## Information
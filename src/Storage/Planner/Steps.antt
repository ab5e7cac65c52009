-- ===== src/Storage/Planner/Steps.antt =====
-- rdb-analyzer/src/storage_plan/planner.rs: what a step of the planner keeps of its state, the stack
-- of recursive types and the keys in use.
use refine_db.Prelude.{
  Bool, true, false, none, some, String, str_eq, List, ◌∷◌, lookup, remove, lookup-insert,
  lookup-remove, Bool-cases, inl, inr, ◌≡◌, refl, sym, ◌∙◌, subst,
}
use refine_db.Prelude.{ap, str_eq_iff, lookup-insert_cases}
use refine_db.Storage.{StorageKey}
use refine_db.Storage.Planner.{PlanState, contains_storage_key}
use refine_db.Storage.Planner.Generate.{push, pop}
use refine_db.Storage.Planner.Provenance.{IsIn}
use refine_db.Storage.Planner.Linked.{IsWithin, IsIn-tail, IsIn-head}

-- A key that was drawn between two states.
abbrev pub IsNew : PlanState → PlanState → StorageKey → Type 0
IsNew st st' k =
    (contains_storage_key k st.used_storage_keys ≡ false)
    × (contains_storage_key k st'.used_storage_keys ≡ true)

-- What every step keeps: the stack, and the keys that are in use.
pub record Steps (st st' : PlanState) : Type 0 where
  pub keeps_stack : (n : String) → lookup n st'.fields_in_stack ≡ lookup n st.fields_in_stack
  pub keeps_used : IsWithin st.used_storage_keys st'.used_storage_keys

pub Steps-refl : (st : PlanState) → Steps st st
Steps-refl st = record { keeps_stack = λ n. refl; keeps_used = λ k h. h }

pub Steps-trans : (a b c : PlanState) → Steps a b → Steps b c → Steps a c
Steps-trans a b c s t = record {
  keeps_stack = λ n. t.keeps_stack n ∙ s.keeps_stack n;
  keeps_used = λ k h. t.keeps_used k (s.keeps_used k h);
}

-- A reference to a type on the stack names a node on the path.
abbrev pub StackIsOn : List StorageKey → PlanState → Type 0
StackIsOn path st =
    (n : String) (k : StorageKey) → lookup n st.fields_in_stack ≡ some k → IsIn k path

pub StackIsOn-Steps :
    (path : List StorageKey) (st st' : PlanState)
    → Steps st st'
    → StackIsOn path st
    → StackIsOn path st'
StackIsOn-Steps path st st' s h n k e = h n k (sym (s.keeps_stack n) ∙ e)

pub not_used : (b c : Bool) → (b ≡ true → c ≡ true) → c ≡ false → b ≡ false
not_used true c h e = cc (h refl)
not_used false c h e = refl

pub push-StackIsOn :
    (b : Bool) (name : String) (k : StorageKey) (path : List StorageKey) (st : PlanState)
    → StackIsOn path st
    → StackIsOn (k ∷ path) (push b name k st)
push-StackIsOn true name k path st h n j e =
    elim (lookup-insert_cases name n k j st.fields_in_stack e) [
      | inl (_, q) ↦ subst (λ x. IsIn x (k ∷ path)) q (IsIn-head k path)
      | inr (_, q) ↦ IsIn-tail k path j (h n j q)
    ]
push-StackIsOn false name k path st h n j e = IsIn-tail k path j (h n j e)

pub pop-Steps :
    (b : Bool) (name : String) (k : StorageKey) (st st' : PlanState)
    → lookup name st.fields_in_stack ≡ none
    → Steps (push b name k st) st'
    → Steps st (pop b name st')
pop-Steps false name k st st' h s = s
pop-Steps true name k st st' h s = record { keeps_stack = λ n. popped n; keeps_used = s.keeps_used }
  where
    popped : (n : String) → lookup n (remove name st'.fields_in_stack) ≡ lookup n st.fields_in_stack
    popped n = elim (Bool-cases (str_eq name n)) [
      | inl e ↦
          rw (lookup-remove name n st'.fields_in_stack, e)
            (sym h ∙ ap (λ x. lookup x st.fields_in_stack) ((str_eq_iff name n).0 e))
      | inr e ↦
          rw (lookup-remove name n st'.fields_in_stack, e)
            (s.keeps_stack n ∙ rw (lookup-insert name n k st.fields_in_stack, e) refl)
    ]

==

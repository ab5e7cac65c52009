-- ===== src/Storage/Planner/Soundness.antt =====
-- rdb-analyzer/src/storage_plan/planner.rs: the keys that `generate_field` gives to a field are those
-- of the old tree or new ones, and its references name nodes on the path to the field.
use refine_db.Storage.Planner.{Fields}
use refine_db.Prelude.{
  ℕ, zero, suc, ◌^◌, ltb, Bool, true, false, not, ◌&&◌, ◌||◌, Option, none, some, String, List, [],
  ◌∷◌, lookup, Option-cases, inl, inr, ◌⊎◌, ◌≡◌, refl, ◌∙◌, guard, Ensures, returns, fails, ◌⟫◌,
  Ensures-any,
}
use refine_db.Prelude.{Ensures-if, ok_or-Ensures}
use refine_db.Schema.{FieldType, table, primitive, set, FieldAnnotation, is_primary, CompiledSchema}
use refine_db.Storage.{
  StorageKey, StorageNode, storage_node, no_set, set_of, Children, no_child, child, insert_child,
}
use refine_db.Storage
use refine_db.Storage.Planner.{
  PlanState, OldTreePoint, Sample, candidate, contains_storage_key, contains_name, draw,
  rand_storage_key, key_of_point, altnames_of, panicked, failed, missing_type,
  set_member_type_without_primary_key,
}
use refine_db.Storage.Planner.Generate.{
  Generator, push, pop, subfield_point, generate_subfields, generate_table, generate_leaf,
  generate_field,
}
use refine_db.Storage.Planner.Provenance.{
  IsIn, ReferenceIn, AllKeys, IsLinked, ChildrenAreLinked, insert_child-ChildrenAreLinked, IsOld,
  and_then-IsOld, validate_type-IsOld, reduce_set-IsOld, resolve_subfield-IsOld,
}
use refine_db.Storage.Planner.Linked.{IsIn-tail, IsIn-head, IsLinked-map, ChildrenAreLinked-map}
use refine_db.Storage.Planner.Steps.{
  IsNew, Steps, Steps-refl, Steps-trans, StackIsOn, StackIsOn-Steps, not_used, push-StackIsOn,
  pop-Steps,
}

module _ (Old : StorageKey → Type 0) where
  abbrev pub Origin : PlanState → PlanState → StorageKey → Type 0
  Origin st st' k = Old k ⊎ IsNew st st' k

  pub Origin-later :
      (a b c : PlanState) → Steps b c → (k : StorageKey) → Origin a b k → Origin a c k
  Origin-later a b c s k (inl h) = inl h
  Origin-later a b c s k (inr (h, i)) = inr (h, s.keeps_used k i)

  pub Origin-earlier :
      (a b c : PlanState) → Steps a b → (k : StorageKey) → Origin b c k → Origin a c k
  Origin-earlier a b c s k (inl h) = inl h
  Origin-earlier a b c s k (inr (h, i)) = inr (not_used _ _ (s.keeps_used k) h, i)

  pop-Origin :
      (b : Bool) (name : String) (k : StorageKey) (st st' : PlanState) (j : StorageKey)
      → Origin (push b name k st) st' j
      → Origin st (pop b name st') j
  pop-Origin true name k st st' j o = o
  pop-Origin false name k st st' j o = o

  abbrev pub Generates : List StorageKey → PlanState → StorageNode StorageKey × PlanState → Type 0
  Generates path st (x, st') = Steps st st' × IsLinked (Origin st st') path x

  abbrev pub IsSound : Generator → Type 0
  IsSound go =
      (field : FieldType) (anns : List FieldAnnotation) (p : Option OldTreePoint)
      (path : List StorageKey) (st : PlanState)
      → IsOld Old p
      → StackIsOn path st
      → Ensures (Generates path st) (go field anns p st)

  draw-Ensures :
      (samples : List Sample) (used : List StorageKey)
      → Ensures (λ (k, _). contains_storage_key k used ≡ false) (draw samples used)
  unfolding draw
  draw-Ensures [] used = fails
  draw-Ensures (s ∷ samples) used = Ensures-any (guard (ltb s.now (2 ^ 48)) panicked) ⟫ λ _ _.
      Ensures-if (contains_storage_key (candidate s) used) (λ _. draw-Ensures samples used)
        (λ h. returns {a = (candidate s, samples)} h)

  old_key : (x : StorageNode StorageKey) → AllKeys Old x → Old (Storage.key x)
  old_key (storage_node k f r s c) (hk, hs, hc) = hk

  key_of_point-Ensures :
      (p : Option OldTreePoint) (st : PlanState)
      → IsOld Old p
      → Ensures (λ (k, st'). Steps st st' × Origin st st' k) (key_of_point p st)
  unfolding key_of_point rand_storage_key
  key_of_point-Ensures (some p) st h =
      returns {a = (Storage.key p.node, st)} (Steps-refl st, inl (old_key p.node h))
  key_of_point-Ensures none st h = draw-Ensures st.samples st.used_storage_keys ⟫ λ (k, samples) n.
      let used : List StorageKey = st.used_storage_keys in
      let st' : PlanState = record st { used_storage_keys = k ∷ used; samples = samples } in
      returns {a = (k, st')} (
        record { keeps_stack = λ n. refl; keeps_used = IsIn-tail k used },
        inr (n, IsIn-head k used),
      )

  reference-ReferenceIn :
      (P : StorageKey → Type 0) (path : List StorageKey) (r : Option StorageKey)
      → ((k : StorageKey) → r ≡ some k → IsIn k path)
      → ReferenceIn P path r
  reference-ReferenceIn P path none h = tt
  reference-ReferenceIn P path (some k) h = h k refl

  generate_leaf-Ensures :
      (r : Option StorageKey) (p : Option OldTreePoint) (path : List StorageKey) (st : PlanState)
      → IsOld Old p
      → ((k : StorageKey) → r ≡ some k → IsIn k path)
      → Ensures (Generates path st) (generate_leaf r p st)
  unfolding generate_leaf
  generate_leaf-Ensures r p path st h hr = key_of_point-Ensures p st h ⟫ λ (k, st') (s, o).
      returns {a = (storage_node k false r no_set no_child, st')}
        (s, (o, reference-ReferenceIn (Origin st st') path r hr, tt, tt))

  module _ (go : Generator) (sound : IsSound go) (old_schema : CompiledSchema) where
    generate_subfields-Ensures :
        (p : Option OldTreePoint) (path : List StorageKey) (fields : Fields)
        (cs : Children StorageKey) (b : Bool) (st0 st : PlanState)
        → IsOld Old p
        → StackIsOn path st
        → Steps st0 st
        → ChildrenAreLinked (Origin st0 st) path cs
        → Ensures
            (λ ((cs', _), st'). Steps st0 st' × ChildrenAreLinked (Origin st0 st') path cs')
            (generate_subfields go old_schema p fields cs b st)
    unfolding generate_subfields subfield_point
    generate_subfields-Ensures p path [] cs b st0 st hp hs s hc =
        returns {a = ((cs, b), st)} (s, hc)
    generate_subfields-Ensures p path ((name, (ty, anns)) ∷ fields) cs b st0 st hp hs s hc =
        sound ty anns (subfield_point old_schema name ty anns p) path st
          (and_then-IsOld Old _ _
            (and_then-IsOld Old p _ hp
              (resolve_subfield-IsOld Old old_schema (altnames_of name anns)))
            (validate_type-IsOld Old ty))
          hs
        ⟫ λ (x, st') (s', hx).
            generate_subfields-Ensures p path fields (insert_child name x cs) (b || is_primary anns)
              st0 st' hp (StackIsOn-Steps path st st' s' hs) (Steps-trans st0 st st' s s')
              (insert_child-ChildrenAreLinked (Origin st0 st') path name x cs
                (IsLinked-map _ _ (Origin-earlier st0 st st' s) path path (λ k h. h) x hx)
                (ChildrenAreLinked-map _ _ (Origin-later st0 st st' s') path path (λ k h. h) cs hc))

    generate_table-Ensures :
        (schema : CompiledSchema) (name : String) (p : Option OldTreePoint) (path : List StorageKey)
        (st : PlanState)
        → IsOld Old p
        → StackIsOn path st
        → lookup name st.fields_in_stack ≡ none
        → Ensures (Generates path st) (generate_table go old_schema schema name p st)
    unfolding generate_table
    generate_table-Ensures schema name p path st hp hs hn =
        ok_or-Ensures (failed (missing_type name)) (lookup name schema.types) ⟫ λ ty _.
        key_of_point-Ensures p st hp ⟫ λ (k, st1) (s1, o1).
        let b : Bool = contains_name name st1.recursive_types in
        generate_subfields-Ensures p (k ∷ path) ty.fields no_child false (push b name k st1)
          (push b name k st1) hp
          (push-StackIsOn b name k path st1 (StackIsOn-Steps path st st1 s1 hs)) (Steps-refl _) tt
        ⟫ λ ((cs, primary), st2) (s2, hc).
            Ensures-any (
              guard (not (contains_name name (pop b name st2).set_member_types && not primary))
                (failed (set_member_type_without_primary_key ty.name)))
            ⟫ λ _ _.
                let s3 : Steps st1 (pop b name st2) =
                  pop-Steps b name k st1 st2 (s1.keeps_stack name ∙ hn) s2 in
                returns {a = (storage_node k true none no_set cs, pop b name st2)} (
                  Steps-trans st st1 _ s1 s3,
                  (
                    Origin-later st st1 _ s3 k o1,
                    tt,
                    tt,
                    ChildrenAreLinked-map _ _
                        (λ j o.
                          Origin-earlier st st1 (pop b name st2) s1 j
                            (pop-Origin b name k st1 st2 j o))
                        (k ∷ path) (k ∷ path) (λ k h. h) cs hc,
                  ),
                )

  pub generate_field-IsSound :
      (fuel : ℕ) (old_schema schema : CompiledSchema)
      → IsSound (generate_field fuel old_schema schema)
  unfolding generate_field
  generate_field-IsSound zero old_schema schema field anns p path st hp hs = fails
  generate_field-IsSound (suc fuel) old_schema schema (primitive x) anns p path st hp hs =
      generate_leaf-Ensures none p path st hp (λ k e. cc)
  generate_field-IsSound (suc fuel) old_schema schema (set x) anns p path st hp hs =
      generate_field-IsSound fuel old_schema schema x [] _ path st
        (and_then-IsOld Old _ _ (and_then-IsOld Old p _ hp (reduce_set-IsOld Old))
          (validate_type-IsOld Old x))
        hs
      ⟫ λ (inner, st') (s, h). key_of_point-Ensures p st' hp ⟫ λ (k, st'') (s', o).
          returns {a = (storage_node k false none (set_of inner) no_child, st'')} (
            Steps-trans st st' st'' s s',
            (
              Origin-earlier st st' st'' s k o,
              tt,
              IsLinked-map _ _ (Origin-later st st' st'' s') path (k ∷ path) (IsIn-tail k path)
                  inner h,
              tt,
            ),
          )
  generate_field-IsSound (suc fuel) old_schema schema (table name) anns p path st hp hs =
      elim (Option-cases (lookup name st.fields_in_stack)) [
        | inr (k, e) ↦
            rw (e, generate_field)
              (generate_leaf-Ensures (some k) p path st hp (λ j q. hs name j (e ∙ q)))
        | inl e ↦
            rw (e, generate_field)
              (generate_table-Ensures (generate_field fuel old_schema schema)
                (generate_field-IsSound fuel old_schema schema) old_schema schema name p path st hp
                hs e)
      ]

## Activity
Using the listing above, return word for word each line from the one that has "Origin-earlier st st'" through the one that has "(generate_table-Ensures (generate_field fuel", and no line outside that range.

## Task answer
              Origin-earlier st st' st'' s k o,
              tt,
              IsLinked-map _ _ (Origin-later st st' st'' s') path (k ∷ path) (IsIn-tail k path)
                  inner h,
              tt,
            ),
          )
  generate_field-IsSound (suc fuel) old_schema schema (table name) anns p path st hp hs =
      elim (Option-cases (lookup name st.fields_in_stack)) [
        | inr (k, e) ↦
            rw (e, generate_field)
              (generate_leaf-Ensures (some k) p path st hp (λ j q. hs name j (e ∙ q)))
        | inl e ↦
            rw (e, generate_field)
              (generate_table-Ensures (generate_field fuel old_schema schema)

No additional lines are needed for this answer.